> _Task to carry out_
Pull each line with the string "served" from the entries.

(Dataset entries)

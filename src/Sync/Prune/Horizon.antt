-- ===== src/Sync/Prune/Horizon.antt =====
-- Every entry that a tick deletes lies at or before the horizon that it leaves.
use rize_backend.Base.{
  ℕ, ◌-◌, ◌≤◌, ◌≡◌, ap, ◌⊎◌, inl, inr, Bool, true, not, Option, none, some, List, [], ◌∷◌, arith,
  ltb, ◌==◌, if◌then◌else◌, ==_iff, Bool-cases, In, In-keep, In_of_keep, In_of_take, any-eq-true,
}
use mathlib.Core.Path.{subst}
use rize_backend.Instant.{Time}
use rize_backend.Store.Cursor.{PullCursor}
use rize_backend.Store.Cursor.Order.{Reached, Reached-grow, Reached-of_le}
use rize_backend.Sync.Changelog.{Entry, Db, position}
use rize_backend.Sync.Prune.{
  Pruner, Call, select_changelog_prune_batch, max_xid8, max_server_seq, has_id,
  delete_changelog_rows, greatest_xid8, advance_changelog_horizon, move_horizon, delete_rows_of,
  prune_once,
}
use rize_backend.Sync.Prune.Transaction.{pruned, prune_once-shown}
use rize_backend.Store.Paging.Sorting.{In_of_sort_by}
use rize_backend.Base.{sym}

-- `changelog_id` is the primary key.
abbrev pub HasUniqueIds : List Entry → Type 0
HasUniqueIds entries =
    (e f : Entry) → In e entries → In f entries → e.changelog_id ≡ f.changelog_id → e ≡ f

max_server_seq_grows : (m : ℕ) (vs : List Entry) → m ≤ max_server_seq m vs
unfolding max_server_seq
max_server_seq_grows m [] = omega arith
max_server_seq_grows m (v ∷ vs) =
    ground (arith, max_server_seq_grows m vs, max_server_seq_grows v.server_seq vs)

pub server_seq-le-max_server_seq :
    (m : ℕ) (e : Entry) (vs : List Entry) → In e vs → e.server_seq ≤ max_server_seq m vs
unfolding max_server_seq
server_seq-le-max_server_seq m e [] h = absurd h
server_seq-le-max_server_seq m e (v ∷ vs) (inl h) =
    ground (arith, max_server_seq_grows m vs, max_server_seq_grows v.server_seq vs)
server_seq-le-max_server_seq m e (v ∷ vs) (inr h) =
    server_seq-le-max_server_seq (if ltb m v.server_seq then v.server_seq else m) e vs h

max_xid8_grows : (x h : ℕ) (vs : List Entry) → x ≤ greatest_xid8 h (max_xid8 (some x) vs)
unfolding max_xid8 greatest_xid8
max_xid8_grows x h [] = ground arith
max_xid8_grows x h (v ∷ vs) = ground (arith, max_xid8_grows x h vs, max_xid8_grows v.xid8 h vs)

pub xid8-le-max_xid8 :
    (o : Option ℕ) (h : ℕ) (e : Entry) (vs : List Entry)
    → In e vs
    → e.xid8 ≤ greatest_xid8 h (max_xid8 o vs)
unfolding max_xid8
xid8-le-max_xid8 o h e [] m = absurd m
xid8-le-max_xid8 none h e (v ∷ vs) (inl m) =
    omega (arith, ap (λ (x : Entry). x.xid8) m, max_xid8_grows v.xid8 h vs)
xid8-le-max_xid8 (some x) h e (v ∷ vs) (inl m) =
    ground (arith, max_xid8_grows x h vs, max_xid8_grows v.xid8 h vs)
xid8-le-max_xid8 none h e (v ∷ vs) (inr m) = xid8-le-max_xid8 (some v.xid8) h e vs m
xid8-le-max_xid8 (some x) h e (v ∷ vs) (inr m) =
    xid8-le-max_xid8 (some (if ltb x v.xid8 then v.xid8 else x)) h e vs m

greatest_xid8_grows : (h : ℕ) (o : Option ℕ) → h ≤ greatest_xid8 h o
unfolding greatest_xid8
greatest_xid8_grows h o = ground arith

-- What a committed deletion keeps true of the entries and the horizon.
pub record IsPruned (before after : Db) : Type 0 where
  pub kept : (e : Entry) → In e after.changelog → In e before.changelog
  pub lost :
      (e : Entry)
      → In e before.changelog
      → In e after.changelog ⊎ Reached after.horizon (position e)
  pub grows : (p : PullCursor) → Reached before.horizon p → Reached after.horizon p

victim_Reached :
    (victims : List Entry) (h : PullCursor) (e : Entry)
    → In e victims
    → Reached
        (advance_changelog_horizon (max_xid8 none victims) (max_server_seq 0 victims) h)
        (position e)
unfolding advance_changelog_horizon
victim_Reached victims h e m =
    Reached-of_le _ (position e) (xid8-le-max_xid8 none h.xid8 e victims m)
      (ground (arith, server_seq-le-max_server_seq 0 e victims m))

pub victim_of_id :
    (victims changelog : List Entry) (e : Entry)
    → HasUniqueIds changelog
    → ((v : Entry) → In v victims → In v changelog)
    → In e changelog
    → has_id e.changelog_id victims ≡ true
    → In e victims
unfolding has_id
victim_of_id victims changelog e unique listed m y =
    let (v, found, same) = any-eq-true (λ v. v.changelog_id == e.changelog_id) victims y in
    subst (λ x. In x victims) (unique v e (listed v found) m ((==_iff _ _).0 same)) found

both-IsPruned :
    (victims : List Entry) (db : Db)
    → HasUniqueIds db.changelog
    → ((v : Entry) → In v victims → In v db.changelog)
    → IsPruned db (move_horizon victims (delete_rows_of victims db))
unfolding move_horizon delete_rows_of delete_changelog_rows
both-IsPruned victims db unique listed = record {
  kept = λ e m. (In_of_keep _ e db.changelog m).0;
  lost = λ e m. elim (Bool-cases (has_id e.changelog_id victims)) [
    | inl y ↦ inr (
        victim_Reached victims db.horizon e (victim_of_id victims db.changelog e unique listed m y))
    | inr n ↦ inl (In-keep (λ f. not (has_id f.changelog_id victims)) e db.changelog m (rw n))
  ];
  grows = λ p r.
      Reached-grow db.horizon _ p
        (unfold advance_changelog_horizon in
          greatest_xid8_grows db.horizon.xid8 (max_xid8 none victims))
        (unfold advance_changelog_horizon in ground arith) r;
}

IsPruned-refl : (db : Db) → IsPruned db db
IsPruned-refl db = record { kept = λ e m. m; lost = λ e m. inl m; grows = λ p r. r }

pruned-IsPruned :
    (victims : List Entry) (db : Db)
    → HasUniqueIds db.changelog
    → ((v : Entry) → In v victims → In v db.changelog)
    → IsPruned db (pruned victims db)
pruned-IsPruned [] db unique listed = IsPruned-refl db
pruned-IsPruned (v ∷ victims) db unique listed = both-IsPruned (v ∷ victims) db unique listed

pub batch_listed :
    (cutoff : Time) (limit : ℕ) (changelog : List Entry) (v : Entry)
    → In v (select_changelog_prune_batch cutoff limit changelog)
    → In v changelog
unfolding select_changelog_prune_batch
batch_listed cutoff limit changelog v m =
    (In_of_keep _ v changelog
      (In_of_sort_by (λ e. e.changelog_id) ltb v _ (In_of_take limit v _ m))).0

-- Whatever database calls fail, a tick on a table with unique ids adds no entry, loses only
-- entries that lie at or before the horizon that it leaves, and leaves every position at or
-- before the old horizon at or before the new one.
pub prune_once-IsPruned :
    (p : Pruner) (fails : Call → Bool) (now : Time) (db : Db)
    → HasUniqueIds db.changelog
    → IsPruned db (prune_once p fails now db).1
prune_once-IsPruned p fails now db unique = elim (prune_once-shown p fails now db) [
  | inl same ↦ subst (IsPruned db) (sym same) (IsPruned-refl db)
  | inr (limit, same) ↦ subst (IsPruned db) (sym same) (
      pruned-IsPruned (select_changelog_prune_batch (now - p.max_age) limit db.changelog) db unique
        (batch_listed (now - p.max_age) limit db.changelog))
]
* * *
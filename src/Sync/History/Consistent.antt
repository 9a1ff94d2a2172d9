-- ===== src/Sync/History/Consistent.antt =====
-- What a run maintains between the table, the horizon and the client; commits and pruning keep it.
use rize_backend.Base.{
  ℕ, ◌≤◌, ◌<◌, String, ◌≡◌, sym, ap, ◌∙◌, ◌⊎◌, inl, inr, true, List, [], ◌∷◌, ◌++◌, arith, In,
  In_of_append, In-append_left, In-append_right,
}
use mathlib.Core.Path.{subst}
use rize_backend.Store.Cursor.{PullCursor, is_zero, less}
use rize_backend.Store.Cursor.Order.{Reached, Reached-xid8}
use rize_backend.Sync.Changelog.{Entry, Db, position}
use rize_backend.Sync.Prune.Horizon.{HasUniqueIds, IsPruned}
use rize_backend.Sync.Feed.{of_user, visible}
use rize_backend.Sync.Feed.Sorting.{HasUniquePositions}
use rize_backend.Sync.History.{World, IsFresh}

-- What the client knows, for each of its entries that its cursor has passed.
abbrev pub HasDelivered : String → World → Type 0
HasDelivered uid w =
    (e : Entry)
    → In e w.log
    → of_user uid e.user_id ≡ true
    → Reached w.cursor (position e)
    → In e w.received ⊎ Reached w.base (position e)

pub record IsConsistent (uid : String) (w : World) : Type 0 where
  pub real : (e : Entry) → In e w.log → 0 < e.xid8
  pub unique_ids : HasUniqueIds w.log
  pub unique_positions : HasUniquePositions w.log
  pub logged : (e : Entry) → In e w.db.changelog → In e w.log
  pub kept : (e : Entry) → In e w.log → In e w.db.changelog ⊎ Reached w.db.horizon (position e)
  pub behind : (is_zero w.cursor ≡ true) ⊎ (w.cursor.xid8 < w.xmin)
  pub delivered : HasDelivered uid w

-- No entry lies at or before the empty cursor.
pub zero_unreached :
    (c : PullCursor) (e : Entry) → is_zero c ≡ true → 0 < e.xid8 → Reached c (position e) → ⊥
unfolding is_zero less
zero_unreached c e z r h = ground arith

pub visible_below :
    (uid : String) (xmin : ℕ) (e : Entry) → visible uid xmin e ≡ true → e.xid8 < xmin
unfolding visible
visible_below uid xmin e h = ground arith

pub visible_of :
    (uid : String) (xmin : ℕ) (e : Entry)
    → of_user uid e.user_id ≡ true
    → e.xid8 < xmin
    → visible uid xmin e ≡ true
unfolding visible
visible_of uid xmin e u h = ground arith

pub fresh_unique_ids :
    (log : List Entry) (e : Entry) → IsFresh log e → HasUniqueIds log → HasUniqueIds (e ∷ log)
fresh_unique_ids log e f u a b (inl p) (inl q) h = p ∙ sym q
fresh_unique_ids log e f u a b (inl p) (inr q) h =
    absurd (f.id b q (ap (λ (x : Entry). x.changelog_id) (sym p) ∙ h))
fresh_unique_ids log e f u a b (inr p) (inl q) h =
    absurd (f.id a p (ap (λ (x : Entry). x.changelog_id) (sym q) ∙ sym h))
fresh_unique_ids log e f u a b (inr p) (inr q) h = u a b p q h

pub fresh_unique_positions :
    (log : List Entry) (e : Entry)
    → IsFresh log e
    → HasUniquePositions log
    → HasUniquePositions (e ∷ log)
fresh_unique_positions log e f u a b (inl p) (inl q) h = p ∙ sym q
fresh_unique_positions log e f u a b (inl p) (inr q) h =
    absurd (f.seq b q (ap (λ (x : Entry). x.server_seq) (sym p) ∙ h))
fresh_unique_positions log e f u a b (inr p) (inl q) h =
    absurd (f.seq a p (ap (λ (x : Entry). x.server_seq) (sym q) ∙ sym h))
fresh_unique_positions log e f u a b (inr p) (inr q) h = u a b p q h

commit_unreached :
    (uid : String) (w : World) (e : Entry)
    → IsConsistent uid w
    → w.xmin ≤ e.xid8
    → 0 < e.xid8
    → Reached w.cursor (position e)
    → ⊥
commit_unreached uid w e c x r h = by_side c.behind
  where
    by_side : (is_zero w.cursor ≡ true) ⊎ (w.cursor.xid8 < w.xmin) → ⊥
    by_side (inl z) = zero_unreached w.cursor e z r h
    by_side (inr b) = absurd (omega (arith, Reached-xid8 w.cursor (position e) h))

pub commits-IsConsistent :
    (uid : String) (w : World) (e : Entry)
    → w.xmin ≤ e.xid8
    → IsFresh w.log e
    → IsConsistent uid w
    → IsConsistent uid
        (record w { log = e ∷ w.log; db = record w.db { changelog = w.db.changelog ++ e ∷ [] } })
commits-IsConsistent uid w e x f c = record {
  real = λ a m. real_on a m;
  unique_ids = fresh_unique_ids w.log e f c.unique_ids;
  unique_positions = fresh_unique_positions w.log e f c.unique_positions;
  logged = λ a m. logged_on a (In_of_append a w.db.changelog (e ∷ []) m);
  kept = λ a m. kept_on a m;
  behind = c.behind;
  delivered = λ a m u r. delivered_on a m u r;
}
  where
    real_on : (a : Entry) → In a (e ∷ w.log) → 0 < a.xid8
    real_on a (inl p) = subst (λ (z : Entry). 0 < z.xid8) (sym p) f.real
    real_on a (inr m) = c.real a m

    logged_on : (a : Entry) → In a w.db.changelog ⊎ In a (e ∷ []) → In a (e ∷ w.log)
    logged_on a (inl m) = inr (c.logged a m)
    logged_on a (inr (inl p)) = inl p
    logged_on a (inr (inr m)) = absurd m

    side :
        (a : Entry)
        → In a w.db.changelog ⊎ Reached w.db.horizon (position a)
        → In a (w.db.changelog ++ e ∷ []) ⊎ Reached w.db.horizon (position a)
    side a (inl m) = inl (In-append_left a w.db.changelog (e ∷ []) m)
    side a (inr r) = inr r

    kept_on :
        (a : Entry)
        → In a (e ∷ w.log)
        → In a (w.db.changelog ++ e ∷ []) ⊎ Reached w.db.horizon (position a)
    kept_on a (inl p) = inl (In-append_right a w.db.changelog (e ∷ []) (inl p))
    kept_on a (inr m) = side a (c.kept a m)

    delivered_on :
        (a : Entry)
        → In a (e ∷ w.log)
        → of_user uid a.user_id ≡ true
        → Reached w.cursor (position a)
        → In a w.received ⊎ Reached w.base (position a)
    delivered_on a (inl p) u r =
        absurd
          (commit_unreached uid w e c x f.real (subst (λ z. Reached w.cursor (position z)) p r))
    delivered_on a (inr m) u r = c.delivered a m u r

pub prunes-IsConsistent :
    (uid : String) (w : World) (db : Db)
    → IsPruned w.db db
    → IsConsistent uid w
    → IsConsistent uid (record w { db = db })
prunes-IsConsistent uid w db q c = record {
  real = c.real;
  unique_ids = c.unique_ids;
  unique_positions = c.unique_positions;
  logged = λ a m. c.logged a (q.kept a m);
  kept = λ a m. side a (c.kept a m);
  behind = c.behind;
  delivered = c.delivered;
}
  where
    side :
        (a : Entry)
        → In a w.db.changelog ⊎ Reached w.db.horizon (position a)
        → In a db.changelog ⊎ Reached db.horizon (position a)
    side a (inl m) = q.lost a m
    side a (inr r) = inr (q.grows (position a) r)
---
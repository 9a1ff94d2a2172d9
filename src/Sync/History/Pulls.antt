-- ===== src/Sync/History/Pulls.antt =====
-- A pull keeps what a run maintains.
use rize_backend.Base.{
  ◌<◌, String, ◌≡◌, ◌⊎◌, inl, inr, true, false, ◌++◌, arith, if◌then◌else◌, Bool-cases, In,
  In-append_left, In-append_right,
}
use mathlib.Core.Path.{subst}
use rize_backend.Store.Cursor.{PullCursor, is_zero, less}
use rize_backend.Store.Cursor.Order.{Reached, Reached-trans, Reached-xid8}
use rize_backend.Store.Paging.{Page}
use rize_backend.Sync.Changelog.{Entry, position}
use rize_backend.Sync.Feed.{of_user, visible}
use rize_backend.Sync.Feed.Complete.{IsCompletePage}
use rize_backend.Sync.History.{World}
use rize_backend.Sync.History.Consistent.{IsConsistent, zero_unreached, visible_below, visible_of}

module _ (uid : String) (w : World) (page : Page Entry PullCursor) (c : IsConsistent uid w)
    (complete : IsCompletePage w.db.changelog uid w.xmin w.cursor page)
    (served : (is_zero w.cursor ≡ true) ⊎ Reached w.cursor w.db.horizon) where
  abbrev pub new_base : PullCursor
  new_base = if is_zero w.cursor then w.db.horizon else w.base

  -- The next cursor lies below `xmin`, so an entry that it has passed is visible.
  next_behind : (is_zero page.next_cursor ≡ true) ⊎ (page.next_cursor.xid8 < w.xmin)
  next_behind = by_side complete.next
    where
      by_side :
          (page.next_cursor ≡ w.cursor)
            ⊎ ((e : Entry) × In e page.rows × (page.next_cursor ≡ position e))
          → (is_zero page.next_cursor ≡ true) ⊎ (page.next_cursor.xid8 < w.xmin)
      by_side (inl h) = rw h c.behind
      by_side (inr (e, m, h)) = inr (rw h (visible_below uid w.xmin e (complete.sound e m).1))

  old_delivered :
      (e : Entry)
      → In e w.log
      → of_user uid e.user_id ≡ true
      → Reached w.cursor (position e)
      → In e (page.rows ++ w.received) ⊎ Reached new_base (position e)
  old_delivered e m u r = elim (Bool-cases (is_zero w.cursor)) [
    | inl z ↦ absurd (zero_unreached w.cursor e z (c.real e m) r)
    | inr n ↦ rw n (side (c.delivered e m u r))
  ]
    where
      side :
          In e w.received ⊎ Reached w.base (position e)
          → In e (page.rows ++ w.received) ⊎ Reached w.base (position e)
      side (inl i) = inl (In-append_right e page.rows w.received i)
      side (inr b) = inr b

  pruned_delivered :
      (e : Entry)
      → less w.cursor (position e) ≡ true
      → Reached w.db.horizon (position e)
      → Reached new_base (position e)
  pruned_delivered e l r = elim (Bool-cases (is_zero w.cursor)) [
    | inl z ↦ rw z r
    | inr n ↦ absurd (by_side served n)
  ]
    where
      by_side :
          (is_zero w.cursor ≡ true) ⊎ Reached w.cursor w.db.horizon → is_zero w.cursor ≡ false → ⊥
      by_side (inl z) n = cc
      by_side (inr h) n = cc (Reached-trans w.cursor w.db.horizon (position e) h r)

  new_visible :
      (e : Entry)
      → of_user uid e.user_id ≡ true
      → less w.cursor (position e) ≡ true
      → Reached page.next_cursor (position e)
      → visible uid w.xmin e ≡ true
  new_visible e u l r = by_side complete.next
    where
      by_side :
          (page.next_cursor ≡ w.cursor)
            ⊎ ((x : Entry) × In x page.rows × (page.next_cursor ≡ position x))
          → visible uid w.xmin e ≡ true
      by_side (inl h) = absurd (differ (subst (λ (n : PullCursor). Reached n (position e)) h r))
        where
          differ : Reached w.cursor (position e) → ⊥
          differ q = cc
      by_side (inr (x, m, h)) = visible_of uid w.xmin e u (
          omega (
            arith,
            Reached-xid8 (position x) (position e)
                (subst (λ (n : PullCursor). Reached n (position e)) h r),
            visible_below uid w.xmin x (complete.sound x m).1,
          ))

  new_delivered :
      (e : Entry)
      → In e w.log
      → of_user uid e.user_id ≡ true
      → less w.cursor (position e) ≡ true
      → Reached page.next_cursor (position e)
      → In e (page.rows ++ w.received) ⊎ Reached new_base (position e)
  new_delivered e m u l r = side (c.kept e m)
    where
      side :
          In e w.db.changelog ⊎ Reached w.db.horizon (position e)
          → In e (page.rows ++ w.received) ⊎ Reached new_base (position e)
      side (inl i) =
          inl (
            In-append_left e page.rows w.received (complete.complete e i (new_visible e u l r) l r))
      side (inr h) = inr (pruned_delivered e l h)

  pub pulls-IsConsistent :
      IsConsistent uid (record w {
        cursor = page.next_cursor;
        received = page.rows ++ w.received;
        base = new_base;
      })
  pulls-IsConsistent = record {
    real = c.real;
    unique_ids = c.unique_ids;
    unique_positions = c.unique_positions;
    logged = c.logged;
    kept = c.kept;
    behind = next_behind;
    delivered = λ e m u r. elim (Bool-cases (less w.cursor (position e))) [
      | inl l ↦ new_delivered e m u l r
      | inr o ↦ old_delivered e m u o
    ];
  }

> _Exercise response_
    (served : (is_zero w.cursor ≡ true) ⊎ Reached w.cursor w.db.horizon) where
    | inr n ↦ absurd (by_side served n)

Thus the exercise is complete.